▶ Task instructions:
When you reach the line in the data below that contains "last_status-from index []", please start repeating lines exactly, and stop after the line that contains "status) ≢ none", repeating nothing else.
----- Entries provided -----
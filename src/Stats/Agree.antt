-- ===== src/Stats/Agree.antt =====
-- The two readings of an instance's state agree, and are what the pod's conditions say.
use korifi.Base.{
  ℕ, String, ◌≡◌, refl, ◌≢◌, List, [], ◌∷◌, true, false, Option, none, some, ◌==◌, eq_iff, arith,
  ◌↔◌, ◌⊎◌, ◌∙◌, ap, inl, inr, All, lookup, insert, lookup-insert, value_at, if◌then◌else◌,
  Bool-cases, Option-cases,
}
use mathlib.Core.List.{Memᴰ}
use korifi.Kube.Errors.{ok}
use korifi.Stats.Pods.{
  Pod, PodCondition, pod_condition_status, pod_has_crashed_container, get_pod_start_time,
  get_pod_state, get_instance_status, instance_states, collect_state, pod_ready, pod_scheduled,
  pod_index_label, InstanceStatus,
}

ready_start :
    (cs : List PodCondition)
    → pod_condition_status cs pod_ready ≡ true
    → (t : ℕ) × (get_pod_start_time cs ≡ some t)
unfolding pod_condition_status get_pod_start_time
ready_start [] h = cc
ready_start (c ∷ cs) h = elim (Bool-cases (c.condition_type == pod_ready)) [
  | inl is ↦ (c.last_transition_time, rw is)
  | inr other ↦ rw other (ready_start cs (rw other at h))
]

not_running : {P : Type 0} (s : String) → (s == "RUNNING") ≡ false → s ≡ "RUNNING" → P
not_running s h e = ground (arith, eq_iff s "RUNNING")

-- The state collector and the process statistics read the same state off a pod, and the
-- collector gives a time exactly for an instance that is running.
pub states_agree :
    (pod : Pod)
    → ((get_instance_status pod).state ≡ get_pod_state pod)
      × ((get_pod_state pod ≡ "RUNNING")
          ↔ ((t : ℕ) × ((get_instance_status pod).timestamp ≡ some t)))
unfolding get_pod_state get_instance_status
states_agree pod = elim (Bool-cases (pod_condition_status pod.conditions pod_ready)) [
  | inl ready ↦ rw ready (refl, (λ h. ready_start pod.conditions ready, λ h. refl))
  | inr unready ↦ elim (Bool-cases (pod_condition_status pod.conditions pod_scheduled)) [
    | inr unscheduled ↦ rw (unready, unscheduled) (refl, (λ h. not_running _ refl h, λ h. cc))
    | inl scheduled ↦ elim (Bool-cases (pod_has_crashed_container pod.container_statuses)) [
      | inl crashed ↦ rw (unready, scheduled, crashed) (refl, (λ h. not_running _ refl h, λ h. cc))
      | inr starting ↦
          rw (unready, scheduled, starting) (refl, (λ h. not_running _ refl h, λ h. cc))
    ]
  ]
]

-- The status of an index in the result: the last pod with that index in the list gives it.
last_status : String → List Pod → Option InstanceStatus → Option InstanceStatus
last_status index [] found = found
last_status index (pod ∷ pods) found =
    last_status index pods (
      if value_at pod_index_label pod.labels == index
      then some (get_instance_status pod)
      else found)

instance_states_lem :
    (pods : List Pod) (result : List (String × InstanceStatus)) (index : String)
    → lookup index (instance_states result pods) ≡ last_status index pods (lookup index result)
unfolding instance_states last_status
instance_states_lem [] result index = refl
instance_states_lem (pod ∷ pods) result index =
    let label = value_at pod_index_label pod.labels in
    instance_states_lem pods (insert label (get_instance_status pod) result) index
    ∙ ap (last_status index pods) (lookup-insert result label index (get_instance_status pod))

last_status-from :
    (index : String) (pods : List Pod) (found : Option InstanceStatus) (status : InstanceStatus)
    → last_status index pods found ≡ some status
    → ((pod : Pod) × Memᴰ pod pods
        × (value_at pod_index_label pod.labels ≡ index)
        × (status ≡ get_instance_status pod))
      ⊎ (found ≡ some status)
unfolding last_status
last_status-from index [] found status h = inr h
last_status-from index (pod ∷ pods) found status h =
    let label = value_at pod_index_label pod.labels in
    let next = if label == index then some (get_instance_status pod) else found in
    elim (last_status-from index pods next status h) [
      | inl (p, m, same, is) ↦ inl (p, Memᴰ.tail m, same, is)
      | inr e ↦ elim (Bool-cases (label == index)) [
        | inl this ↦ inl (pod, Memᴰ.head refl, (eq_iff label index).0 this, ground arith)
        | inr other ↦ inr (ground arith)
      ]
    ]

last_status-kept :
    (index : String) (pods : List Pod) (status : InstanceStatus)
    → last_status index pods (some status) ≢ none
unfolding last_status
last_status-kept index [] status h = cc
last_status-kept index (pod ∷ pods) status h =
    elim (Bool-cases (value_at pod_index_label pod.labels == index)) [
      | inl this ↦ last_status-kept index pods (get_instance_status pod) (rw this at h)
      | inr other ↦ last_status-kept index pods status (rw other at h)
    ]

last_status-missing :
    (index : String) (pods : List Pod) (found : Option InstanceStatus)
    → last_status index pods found ≡ none
    → All (λ pod. value_at pod_index_label pod.labels ≢ index) pods
unfolding last_status
last_status-missing index [] found h = tt
last_status-missing index (pod ∷ pods) found h =
    let label = value_at pod_index_label pod.labels in
    let next = if label == index then some (get_instance_status pod) else found in
    (
      λ same.
          last_status-kept index pods (get_instance_status pod)
            (rw ((eq_iff label index).1 same) at h),
      last_status-missing index pods next h,
    )

-- What the collector holds for a pod: the state that the process statistics read off the pod, and a
-- time exactly where this is RUNNING.
unfoldable pub Reads : Pod → InstanceStatus → Type 0
Reads pod status =
    (status.state ≡ get_pod_state pod)
    × ((get_pod_state pod ≡ "RUNNING") ↔ ((t : ℕ) × (status.timestamp ≡ some t)))

-- When the pods could be listed, the collected states hold under each index what a pod with that
-- index shows: the state that api/actions/process_stats.go reads off that pod, with a time exactly
-- where this is RUNNING. Nothing is held for an index that no pod has.
pub collect_state_lem :
    (quote : String → String) (pods : List Pod) (guid index : String)
    → (result : List (String × InstanceStatus)) × (collect_state quote (ok pods) guid ≡ ok result)
      × (((pod : Pod) × (status : InstanceStatus) × Memᴰ pod pods
            × (value_at pod_index_label pod.labels ≡ index)
            × (lookup index result ≡ some status)
            × Reads pod status)
          ⊎ ((lookup index result ≡ none)
              × All (λ pod. value_at pod_index_label pod.labels ≢ index) pods))
unfolding collect_state lookup Reads
collect_state_lem quote pods guid index =
    let result = instance_states [] pods in
    let found = instance_states_lem pods [] index in
    (
      result,
      refl,
      elim (Option-cases (last_status index pods none)) [
        | inl none' ↦ inr (found ∙ none', last_status-missing index pods none none')
        | inr (status, some') ↦ elim (last_status-from index pods none status some') [
          | inl (pod, m, same, is) ↦
              inl (
                pod,
                get_instance_status pod,
                m,
                same,
                found ∙ some' ∙ ap some is,
                states_agree pod,
              )
          | inr never ↦ cc
        ]
      ],
    )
-----
▶ Problem solution:
last_status-from index [] found status h = inr h
last_status-from index (pod ∷ pods) found status h =
    let label = value_at pod_index_label pod.labels in
    let next = if label == index then some (get_instance_status pod) else found in
    elim (last_status-from index pods next status h) [
      | inl (p, m, same, is) ↦ inl (p, Memᴰ.tail m, same, is)
      | inr e ↦ elim (Bool-cases (label == index)) [
        | inl this ↦ inl (pod, Memᴰ.head refl, (eq_iff label index).0 this, ground arith)
        | inr other ↦ inr (ground arith)
      ]
    ]

last_status-kept :
    (index : String) (pods : List Pod) (status : InstanceStatus)
    → last_status index pods (some status) ≢ none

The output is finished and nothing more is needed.